◆ What this task involves: Go line by line through the data and copy those with the word "Ends".

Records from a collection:
————

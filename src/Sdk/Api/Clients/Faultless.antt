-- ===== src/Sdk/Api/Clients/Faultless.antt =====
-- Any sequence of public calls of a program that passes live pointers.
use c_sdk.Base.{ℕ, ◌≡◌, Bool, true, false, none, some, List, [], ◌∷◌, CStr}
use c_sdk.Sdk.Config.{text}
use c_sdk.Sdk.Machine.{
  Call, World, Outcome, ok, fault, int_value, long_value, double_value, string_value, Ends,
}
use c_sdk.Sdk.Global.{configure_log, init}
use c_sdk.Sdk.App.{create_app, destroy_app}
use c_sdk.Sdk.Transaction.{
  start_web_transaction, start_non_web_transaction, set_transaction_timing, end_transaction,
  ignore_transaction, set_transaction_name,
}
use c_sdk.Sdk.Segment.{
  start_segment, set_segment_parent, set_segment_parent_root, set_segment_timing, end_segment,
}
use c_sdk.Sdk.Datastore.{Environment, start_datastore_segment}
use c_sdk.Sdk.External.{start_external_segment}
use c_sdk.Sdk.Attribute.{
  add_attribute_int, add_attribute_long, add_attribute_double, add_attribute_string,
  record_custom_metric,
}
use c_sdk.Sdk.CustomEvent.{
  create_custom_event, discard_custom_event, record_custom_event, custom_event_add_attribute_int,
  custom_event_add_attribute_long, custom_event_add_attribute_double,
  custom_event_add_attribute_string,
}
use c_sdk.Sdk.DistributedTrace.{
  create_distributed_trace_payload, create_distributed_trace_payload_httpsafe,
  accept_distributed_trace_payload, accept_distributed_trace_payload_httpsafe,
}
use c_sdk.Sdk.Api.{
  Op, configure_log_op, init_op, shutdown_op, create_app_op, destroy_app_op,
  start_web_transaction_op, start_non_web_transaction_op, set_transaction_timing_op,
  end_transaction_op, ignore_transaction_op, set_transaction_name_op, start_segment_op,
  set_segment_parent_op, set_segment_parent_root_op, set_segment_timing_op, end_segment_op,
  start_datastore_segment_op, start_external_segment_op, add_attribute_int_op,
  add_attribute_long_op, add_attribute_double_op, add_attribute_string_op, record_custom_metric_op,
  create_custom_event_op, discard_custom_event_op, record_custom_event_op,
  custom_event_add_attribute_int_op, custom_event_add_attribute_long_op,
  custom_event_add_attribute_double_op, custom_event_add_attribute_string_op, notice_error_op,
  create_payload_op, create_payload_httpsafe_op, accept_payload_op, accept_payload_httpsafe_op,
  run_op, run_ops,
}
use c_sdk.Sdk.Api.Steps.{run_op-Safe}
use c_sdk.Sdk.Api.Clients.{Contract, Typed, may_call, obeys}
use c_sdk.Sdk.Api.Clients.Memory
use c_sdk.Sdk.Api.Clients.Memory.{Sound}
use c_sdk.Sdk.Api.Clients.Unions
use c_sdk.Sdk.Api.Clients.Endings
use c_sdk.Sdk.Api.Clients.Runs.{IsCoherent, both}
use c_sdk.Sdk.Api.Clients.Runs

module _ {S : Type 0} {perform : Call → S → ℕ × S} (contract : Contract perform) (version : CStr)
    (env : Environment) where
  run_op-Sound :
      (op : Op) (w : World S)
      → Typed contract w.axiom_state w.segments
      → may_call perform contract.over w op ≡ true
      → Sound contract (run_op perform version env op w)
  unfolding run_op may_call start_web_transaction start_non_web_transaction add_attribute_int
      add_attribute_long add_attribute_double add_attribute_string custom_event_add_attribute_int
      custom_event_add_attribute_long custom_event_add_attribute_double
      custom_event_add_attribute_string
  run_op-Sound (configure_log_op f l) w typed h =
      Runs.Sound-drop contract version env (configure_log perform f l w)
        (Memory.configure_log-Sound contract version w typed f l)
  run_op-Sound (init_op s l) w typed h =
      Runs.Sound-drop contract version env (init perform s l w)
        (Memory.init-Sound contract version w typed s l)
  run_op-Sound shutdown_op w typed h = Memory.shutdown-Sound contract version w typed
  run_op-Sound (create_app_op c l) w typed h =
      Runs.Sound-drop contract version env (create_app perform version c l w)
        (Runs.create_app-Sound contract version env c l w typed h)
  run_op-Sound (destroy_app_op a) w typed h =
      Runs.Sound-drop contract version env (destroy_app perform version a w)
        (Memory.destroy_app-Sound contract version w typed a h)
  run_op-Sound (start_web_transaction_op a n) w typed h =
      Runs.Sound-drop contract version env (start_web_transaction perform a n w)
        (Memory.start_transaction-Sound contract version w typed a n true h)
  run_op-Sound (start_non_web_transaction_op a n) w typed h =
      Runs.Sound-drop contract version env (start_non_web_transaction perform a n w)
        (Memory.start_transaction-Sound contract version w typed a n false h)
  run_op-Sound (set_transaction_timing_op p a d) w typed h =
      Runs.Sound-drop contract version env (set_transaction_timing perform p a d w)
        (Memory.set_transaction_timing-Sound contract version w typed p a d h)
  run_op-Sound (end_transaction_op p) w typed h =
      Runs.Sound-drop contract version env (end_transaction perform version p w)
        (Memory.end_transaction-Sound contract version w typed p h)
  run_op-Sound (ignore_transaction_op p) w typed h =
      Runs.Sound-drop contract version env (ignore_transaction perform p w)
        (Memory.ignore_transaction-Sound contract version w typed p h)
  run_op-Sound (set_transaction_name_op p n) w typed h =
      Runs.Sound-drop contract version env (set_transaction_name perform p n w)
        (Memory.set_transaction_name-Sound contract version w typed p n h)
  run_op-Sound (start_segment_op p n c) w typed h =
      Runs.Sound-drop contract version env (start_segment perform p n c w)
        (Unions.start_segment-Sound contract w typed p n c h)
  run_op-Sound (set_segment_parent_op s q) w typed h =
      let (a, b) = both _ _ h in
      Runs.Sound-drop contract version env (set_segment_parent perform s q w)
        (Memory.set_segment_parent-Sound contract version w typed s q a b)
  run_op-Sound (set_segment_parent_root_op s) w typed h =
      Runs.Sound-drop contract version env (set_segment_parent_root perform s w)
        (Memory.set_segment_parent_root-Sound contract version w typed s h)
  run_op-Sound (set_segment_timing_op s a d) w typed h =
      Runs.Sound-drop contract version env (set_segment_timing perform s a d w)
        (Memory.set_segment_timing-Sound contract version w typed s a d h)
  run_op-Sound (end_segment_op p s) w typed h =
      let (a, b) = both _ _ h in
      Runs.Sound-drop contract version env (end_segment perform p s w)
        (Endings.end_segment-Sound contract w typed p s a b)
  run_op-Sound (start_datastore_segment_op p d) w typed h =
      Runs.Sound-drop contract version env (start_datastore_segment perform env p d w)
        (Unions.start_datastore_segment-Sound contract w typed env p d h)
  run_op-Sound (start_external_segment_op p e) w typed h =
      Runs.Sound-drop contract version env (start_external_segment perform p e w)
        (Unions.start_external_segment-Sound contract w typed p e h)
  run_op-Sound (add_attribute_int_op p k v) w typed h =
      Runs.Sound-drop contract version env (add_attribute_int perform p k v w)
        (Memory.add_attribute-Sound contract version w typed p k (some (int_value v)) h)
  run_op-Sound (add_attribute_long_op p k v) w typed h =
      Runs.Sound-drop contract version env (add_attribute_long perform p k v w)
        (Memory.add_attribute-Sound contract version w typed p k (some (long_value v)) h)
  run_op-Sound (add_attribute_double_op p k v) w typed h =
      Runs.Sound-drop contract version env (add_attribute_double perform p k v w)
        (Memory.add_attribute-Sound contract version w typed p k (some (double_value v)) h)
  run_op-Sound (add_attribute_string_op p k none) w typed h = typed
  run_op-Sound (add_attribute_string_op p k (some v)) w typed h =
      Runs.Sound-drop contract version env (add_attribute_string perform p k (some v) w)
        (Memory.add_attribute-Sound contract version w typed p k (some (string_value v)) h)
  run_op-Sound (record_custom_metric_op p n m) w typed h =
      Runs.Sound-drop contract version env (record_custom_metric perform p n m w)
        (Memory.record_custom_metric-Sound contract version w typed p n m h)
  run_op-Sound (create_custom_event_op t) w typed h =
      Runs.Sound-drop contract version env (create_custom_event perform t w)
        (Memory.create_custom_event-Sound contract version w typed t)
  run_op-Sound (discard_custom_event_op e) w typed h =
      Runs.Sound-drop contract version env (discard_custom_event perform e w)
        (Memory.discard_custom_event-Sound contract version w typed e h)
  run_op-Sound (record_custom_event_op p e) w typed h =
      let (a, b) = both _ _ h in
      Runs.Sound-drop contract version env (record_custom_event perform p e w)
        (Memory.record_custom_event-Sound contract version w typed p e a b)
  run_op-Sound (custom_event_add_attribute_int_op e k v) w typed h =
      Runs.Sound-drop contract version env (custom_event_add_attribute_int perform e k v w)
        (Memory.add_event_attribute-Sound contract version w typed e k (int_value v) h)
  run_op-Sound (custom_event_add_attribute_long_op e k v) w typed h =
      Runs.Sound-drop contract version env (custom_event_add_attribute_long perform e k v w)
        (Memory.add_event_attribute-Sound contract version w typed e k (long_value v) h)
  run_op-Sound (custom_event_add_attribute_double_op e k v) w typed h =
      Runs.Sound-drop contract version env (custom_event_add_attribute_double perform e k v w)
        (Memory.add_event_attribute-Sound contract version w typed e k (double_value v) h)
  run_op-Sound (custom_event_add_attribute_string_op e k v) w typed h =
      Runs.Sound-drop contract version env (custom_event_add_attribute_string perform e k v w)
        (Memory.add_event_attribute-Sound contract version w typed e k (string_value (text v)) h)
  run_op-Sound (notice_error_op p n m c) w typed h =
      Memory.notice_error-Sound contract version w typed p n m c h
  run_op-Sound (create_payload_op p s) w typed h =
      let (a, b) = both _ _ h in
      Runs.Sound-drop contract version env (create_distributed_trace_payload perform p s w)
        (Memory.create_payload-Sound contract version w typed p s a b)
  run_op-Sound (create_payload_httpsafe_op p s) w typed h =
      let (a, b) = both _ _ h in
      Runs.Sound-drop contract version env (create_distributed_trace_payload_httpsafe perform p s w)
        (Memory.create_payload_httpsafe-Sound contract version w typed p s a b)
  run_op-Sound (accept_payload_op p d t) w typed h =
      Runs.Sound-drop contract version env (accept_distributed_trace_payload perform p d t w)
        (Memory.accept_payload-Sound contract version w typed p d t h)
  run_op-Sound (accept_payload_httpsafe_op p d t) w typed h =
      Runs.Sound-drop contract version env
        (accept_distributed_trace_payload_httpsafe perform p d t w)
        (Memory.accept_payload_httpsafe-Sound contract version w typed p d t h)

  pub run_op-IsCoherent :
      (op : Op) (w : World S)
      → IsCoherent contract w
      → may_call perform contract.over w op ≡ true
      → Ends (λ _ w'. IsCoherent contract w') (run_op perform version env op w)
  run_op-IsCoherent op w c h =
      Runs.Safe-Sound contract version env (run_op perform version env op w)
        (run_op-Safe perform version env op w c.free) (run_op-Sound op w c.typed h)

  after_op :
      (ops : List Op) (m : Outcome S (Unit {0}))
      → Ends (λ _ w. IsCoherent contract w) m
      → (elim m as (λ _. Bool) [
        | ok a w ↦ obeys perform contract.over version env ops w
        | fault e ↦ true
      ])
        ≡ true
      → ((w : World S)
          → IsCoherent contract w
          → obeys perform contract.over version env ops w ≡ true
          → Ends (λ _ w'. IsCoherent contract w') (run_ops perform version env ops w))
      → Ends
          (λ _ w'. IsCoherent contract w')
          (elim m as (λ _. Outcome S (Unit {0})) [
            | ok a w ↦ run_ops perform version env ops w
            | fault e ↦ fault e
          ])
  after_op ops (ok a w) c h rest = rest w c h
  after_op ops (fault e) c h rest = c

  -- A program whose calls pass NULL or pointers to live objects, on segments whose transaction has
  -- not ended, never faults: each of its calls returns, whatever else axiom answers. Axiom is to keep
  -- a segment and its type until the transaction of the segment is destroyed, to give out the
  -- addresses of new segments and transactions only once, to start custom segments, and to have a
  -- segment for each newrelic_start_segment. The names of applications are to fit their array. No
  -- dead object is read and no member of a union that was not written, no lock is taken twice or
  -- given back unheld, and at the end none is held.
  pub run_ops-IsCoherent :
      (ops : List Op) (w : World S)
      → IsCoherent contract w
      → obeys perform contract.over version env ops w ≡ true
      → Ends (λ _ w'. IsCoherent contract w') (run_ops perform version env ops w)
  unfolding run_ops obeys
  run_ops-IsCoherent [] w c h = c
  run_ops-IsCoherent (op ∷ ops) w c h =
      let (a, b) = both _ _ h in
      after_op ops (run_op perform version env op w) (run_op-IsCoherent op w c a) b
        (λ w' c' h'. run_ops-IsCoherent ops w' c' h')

————

◆ Exercise response:
  Call, World, Outcome, ok, fault, int_value, long_value, double_value, string_value, Ends,
      → Ends (λ _ w'. IsCoherent contract w') (run_op perform version env op w)
      → Ends (λ _ w. IsCoherent contract w) m
          → Ends (λ _ w'. IsCoherent contract w') (run_ops perform version env ops w))
      → Ends
      → Ends (λ _ w'. IsCoherent contract w') (run_ops perform version env ops w)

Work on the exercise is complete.